■ **Exercise directions**
Where a line of the data below has the string "zero", copy that line.

Records for the exercise below:

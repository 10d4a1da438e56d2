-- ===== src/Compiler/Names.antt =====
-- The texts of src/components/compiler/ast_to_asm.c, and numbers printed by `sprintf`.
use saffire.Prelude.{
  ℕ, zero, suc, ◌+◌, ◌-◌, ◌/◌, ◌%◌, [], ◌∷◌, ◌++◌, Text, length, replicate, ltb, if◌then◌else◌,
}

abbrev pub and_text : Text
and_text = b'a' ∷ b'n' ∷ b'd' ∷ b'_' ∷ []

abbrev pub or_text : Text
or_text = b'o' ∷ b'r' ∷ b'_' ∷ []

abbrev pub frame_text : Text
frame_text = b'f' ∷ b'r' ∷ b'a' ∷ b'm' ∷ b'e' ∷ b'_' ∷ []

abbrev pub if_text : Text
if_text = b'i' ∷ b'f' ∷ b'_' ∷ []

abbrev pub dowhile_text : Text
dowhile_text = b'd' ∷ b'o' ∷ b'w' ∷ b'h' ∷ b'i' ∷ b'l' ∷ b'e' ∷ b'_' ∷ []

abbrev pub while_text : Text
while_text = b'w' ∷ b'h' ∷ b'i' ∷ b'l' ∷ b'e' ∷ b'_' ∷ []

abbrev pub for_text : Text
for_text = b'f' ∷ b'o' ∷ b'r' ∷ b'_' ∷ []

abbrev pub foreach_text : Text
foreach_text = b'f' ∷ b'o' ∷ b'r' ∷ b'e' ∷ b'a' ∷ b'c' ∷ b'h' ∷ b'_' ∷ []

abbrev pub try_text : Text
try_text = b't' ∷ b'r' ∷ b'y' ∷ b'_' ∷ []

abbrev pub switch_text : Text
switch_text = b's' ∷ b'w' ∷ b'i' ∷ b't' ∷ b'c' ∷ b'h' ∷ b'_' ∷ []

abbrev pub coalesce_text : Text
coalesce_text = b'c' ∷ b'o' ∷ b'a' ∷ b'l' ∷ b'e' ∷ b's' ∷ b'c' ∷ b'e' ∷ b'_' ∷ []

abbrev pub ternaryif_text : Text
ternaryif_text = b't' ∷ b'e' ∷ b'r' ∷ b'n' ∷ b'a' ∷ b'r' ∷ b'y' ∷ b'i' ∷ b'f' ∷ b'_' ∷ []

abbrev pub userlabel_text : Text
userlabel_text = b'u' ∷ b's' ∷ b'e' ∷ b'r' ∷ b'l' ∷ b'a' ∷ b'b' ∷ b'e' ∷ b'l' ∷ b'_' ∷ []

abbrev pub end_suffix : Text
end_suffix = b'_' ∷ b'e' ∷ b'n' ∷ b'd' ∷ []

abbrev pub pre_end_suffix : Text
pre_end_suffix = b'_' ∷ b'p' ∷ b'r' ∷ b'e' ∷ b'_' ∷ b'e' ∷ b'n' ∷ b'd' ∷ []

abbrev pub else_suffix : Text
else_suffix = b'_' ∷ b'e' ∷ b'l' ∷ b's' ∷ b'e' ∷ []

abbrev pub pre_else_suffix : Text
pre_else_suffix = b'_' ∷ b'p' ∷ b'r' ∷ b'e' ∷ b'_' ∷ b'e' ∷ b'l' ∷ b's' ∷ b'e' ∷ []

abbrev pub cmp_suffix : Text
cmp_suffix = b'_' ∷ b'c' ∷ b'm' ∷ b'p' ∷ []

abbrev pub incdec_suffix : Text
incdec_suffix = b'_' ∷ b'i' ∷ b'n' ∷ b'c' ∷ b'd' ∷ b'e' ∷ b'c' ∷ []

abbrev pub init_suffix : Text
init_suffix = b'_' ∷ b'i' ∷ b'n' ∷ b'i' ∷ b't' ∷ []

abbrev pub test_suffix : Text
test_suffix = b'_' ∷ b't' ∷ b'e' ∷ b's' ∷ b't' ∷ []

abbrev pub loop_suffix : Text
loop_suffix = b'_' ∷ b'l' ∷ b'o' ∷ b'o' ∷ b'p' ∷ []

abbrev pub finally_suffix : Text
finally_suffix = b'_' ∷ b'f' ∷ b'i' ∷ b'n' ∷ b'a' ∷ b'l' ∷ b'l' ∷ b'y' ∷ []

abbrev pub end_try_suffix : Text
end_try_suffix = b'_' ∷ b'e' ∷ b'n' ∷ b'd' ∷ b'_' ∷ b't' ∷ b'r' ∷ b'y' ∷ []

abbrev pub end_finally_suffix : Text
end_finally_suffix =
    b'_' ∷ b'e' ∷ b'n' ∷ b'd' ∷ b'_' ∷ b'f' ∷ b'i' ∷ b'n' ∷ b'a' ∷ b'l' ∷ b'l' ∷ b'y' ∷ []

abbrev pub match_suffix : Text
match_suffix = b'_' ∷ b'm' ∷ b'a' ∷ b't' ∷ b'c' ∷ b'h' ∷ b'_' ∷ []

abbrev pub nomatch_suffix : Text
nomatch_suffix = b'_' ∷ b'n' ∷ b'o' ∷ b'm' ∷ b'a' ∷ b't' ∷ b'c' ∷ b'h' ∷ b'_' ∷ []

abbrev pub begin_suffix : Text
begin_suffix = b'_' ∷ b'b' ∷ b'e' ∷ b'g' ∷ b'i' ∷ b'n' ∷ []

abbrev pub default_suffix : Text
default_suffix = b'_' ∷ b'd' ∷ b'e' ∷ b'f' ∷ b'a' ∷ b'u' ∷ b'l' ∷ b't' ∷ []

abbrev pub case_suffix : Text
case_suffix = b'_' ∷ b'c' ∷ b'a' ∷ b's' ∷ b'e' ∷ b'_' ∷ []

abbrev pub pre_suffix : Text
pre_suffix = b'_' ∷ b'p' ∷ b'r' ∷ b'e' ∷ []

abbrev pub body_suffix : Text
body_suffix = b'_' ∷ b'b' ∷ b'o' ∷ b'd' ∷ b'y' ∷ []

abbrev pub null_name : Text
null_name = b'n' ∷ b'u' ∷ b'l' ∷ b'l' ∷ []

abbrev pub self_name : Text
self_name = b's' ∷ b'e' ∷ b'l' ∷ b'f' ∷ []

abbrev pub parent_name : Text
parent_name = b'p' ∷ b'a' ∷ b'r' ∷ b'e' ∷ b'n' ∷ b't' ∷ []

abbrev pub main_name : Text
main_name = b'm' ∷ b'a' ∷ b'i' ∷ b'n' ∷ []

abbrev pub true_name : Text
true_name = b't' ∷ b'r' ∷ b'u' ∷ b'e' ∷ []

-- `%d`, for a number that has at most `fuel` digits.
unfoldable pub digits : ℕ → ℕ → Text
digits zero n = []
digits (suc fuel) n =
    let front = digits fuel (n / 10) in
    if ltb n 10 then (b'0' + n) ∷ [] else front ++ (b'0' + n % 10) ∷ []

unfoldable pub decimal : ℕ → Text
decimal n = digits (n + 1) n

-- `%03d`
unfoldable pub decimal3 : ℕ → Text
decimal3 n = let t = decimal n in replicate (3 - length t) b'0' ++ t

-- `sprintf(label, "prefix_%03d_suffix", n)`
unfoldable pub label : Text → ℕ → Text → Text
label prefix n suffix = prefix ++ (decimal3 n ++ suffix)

End of Records for the exercise.

■ **Response box**
  ℕ, zero, suc, ◌+◌, ◌-◌, ◌/◌, ◌%◌, [], ◌∷◌, ◌++◌, Text, length, replicate, ltb, if◌then◌else◌,
digits zero n = []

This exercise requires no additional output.